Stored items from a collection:

-- ===== src/Strategy/StopsLadder.antt =====
-- The trailing stop under the other strategies: the health actions and the ladder.
use icici_breeze_api_trading.Prelude.{
  ℕ, ◌+◌, ◌≡◌, ◌⊎◌, refl, true, false, ◌&&◌, Option, none, some, inl, inr, is_some, leb, ◌==◌,
  Bool-cases, and_right,
}
use icici_breeze_api_trading.Prelude.Float.{Float}
use icici_breeze_api_trading.Contracts.{Time}
use icici_breeze_api_trading.Strategy.{
  TradeDirection, ActiveTrade, ManagerConfig, MarketFeatures, is_bullish,
}
use icici_breeze_api_trading.Strategy.Flow.{◌>=>◌}
use icici_breeze_api_trading.Strategy.Prices.{
  not_positive, positive, at_stop, or_zero, beyond, behind,
}
use icici_breeze_api_trading.Strategy.Clock.{is_force_exit_time}
use icici_breeze_api_trading.Strategy.Reversal.{is_breakout, calculate_reversal_score}
use icici_breeze_api_trading.Strategy.Manager.{
  mark, track_r, enter_bar, thesis, false_breakout, stops, health, ladder, update_position,
  tighten_two, tighten_three, candidate, runner, check_box, inside_box, box_edge, invalidated,
  pullback_swing, manage_bar, check_bar, stages_of, extreme_close, is_trend_pullback, or_atr,
}
use icici_breeze_api_trading.Strategy.Stops.{
  PriceOrder, IsNearer, IsRounded, Tightens, tighten-Tightens, Tightens-refl, then_keeps,
  IsNearer-nearer, le-max_f_right,
}
use icici_breeze_api_trading.Strategy.StopsA.{update_strategy_a_position-Tightens}

module _ {F : Type 0} where
  -- Where a bar has ended, the extreme closes are known.
  abbrev KnownCloses : Option (F × Time) → Option F → Option F → Type 0
  KnownCloses none high low = Unit
  KnownCloses (some bar) high low = (is_some high ≡ true) × (is_some low ≡ true)

  abbrev HasCloses : Option (F × Time) → ActiveTrade F → Type 0
  HasCloses bar t = KnownCloses bar t.highest_close_since_entry t.lowest_close_since_entry

module _ {F : Type 0} ⦃fl : Float F⦄ (t0 : ActiveTrade F) where
  -- The best R so far is at least the present one.
  abbrev Tracked : ActiveTrade F → Type 0
  Tracked t = Tightens t0 t × (fl.le t.current_r t.peak_r ≡ true)

  enter_bar-Tracked :
      (bar : Option (F × Time)) (t : ActiveTrade F)
      → Tracked t
      → Tracked (enter_bar bar t).1 × HasCloses bar (enter_bar bar t).1
  unfolding enter_bar
  enter_bar-Tracked none t h = (h, tt)
  enter_bar-Tracked (some (close, at)) t h = (h, (refl, refl))

module _ {F : Type 0} ⦃fl : Float F⦄ (t0 : ActiveTrade F) (bar : Option (F × Time)) where
  abbrev Peaked : ActiveTrade F → Type 0
  Peaked t = Tracked t0 t × HasCloses bar t

  thesis-Peaked : (t : ActiveTrade F) → Peaked t → Peaked (thesis bar t).1
  unfolding thesis
  thesis-Peaked t h = elim (Bool-cases (invalidated t.direction bar (pullback_swing t))) [
    | inl e ↦ rw e h
    | inr e ↦ rw e h
  ]

  inside_box-Peaked :
      (f : MarketFeatures F) (close edge : F) (t : ActiveTrade F)
      → Peaked t
      → Peaked (inside_box f close edge t).1
  inside_box-Peaked f close edge t h =
      elim (Bool-cases (
        beyond t.direction close
          (behind t.direction edge (fl.mul (fl.literal 10 2) (or_atr t.atr_at_lock f.atr_5m))))) [
            | inl e ↦ rw e h
            | inr e ↦ elim (Bool-cases (beyond t.direction close edge)) [
              | inr s ↦ rw (e, s) h
              | inl s ↦ elim (Bool-cases (leb 2 (t.consecutive_inside_box_closes + 1))) [
                | inl k ↦ rw (e, s, k) h
                | inr k ↦ rw (e, s, k) h
              ]
            ]
          ]

  check_box-Peaked :
      (f : MarketFeatures F) (b : Option (F × Time)) (edge : Option F) (t : ActiveTrade F)
      → Peaked t
      → Peaked (check_box f b edge t).1
  check_box-Peaked f none edge t h = h
  check_box-Peaked f (some (close, at)) none t h = h
  check_box-Peaked f (some (close, at)) (some edge) t h = inside_box-Peaked f close edge t h

  false_breakout-Peaked :
      (f : MarketFeatures F) (t : ActiveTrade F) → Peaked t → Peaked (false_breakout f bar t).1
  unfolding false_breakout
  false_breakout-Peaked f t h = elim (Bool-cases (is_breakout t.strategy)) [
    | inl e ↦ rw e (check_box-Peaked f bar (box_edge t) t h)
    | inr e ↦ rw e h
  ]

  stops-Peaked :
      (c : ManagerConfig F) (option : Option F) (f : MarketFeatures F) (as_of : Option Time)
      (now : Time) (t : ActiveTrade F)
      → Peaked t
      → Peaked (stops c option f as_of now t).1
  unfolding stops
  stops-Peaked c option f as_of now t h =
      elim (Bool-cases
        (positive (or_zero option) && fl.le (or_zero option) t.option_hard_stop_price)) [
          | inl e ↦ rw e h
          | inr e ↦
              elim (Bool-cases (
                positive f.spot_price
                && at_stop t.direction f.spot_price t.current_trailing_stop)) [
                  | inl s ↦ rw (e, s) h
                  | inr s ↦ elim (Bool-cases (is_force_exit_time c.session_config as_of now)) [
                    | inl k ↦ rw (e, s, k) h
                    | inr k ↦ rw (e, s, k) h
                  ]
                ]
        ]

module _ {F : Type 0} ⦃fl : Float F⦄ (o : PriceOrder F) (t0 : ActiveTrade F)
    (r0 : IsRounded t0) where
  -- A stop that the ladder rounds: it is rounded, or one R was reached.
  abbrev Loose : ActiveTrade F → Type 0
  Loose t =
      ((t.direction ≡ t0.direction)
        × IsNearer t0.direction t0.current_trailing_stop t.current_trailing_stop)
      × (IsRounded t ⊎ (fl.le (fl.literal 1 0) t.peak_r ≡ true))

  runner-Tightens :
      (f : MarketFeatures F) (extreme : Option F) (t : ActiveTrade F)
      → is_some extreme ≡ true
      → Loose t
      → Tightens t0 (runner f extreme t).1
  runner-Tightens f none t e h = cc
  runner-Tightens f (some x) t e h = tighten-Tightens o t0 t _ r0 h.0.0 h.0.1

  some_extreme :
      (bar : F × Time) (t : ActiveTrade F)
      → HasCloses (some bar) t
      → is_some (extreme_close t) ≡ true
  some_extreme bar t h = elim (Bool-cases (is_bullish t.direction)) [
    | inl e ↦ rw e h.0
    | inr e ↦ rw e h.1
  ]

  ladder-Tightens :
      (c : ManagerConfig F) (f : MarketFeatures F) (t : ActiveTrade F)
      → is_some (extreme_close t) ≡ true
      → Loose t
      → Tightens t0 (ladder c f t).1
  unfolding ladder
  ladder-Tightens c f t x h = elim (Bool-cases (fl.le (fl.literal 2 0) t.peak_r)) [
    | inl e ↦ rw e (runner-Tightens f (extreme_close t) t x h)
    | inr e ↦ elim (Bool-cases (fl.le (fl.literal 15 1) t.peak_r)) [
      | inl s ↦ rw (e, s) (tighten-Tightens o t0 t _ r0 h.0.0 h.0.1)
      | inr s ↦ elim (Bool-cases (fl.le (fl.literal 1 0) t.peak_r)) [
        | inl k ↦ rw (e, s, k) (tighten-Tightens o t0 t _ r0 h.0.0 h.0.1)
        | inr k ↦ rw (e, s, k) (elim h.1 [ inl rounded ↦ (h.0.0, (h.0.1, rounded)) | inr one ↦ cc ])
      ]
    ]
  ]

  candidate-IsNearer :
      (d : TradeDirection) (a close : F) (x : Option F) (stop : F)
      → IsNearer d a stop
      → IsNearer d a (candidate d close x stop)
  candidate-IsNearer d a close none stop h = h
  candidate-IsNearer d a close (some x) stop h = elim (Bool-cases (beyond d x close)) [
    | inl e ↦ rw e (IsNearer-nearer o d a stop x h)
    | inr e ↦ rw e h
  ]

  tighten_three-Loose :
      (f : MarketFeatures F) (close : F) (t : ActiveTrade F)
      → (t.direction ≡ t0.direction)
      → IsNearer t0.direction t0.current_trailing_stop t.current_trailing_stop
      → fl.le (fl.literal 1 0) t.peak_r ≡ true
      → Loose (tighten_three f close t).1
  tighten_three-Loose f close t d n p = (
    (
      d,
      rw d (
          candidate-IsNearer t0.direction _ close _ _
            (candidate-IsNearer t0.direction _ close (some _) _ n)),
    ),
    inr p,
  )

  health-ladder :
      (c : ManagerConfig F) (f : MarketFeatures F) (bar : F × Time) (t : ActiveTrade F)
      → Peaked t0 (some bar) t
      → Tightens t0 ((health c f bar.0 >=> ladder c f) t).1
  unfolding health
  health-ladder c f bar t h = elim (Bool-cases (leb 4 score)) [
    | inl e ↦ rw e h.0.0
    | inr e ↦ elim (Bool-cases (leb 3 score && fl.lt t.current_r (fl.literal 1 0))) [
      | inl s ↦ rw (e, s) h.0.0
      | inr s ↦ elim (Bool-cases (score == 2)) [
        | inl k ↦ rw (e, s, k) (two_signs h.0.0)
        | inr k ↦ elim (Bool-cases ((score == 3) && fl.le (fl.literal 1 0) t.current_r)) [
          | inl m ↦ rw (e, s, k, m) (three_signs h.0 (and_right (score == 3) _ m))
          | inr m ↦
              rw (e, s, k, m)
                (ladder-Tightens c f _ (some_extreme bar t h.1)
                  ((h.0.0.0, h.0.0.1.0), inl h.0.0.1.1))
        ]
      ]
    ]
  ]
    where
      score : ℕ
      score = calculate_reversal_score c t f

      scored : ActiveTrade F
      scored = record t { reversal_score = score }

      two_signs : Tightens t0 t → Tightens t0 (ladder c f (tighten_two f bar.0 scored).1).1
      two_signs g =
          let w = tighten-Tightens o t0 scored _ r0 g.0 g.1.0 in
          ladder-Tightens c f _ (some_extreme bar t h.1) ((w.0, w.1.0), inl w.1.1)

      three_signs :
          Tracked t0 t
          → fl.le (fl.literal 1 0) t.current_r ≡ true
          → Tightens t0 (ladder c f (tighten_three f bar.0 scored).1).1
      three_signs g one =
          ladder-Tightens c f _ (some_extreme bar t h.1)
            (tighten_three-Loose f bar.0 scored g.0.0 g.0.1.0 (o.le_trans _ _ _ one g.1))

  manage_bar-Tightens :
      (c : ManagerConfig F) (f : MarketFeatures F) (bar : Option (F × Time)) (t : ActiveTrade F)
      → Peaked t0 bar t
      → Tightens t0 (manage_bar c f bar t).1
  manage_bar-Tightens c f none t h = h.0.0
  manage_bar-Tightens c f (some bar) t h = health-ladder c f bar t h

  check_bar-Tightens :
      (c : ManagerConfig F) (option : Option F) (f : MarketFeatures F) (as_of : Option Time)
      (now : Time) (bar : Option (F × Time)) (t : ActiveTrade F)
      → Tracked t0 t
      → Tightens t0 (check_bar c option f as_of now bar t).1
  check_bar-Tightens c option f as_of now bar t h =
      let Q = Peaked t0 bar in
      let entered = enter_bar bar in
      let judged = entered >=> thesis bar in
      let boxed = judged >=> false_breakout f bar in
      let stopped = boxed >=> stops c option f as_of now in
      then_keeps (Tightens t0) Q stopped (manage_bar c f bar) t (λ u h. h.0.0)
        (then_keeps Q Q boxed (stops c option f as_of now) t (λ u h. h)
          (then_keeps Q Q judged (false_breakout f bar) t (λ u h. h)
            (then_keeps Q Q entered (thesis bar) t (λ u h. h) (enter_bar-Tracked t0 bar t h)
              (thesis-Peaked t0 bar))
            (false_breakout-Peaked t0 bar f))
          (stops-Peaked t0 bar c option f as_of now))
        (manage_bar-Tightens c f bar)

  stages_of-Tightens :
      (c : ManagerConfig F) (option : Option F) (f : MarketFeatures F) (as_of : Option Time)
      (now : Time)
      → Tightens t0 (stages_of c option f as_of now t0).1
  unfolding mark track_r
  stages_of-Tightens c option f as_of now = elim (Bool-cases (not_positive t0.initial_r_points)) [
    | inl e ↦ rw e (Tightens-refl o t0 r0)
    | inr e ↦ rw e (
        check_bar-Tightens c option f as_of now _ _
          (Tightens-refl o t0 r0, le-max_f_right o t0.peak_r _))
  ]

  -- Where prices are ordered and rounding to two digits keeps their order, a trade with a positive
  -- stop of two digits keeps its direction and leaves an update of any strategy, whatever it
  -- returns, with a stop of two digits that is no lower for a rising trade and no higher for a
  -- falling one.
  pub update_position-Tightens :
      (c : ManagerConfig F) (option : Option F) (f : MarketFeatures F) (as_of : Option Time)
      (now : Time)
      → not_positive t0.current_trailing_stop ≡ false
      → Tightens t0 (update_position c option f as_of now t0).1
  unfolding update_position
  update_position-Tightens c option f as_of now p =
      elim (Bool-cases (is_trend_pullback t0.strategy)) [
        | inl e ↦
            rw e (update_strategy_a_position-Tightens o t0 r0 c f.futures_price option as_of p)
        | inr e ↦ rw e (stages_of-Tightens c option f as_of now)
      ]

→ Instructions for the task: Only the number should be given: the count of lines in the entries that contain the string "invalidated".

→ Answer for this exercise: 2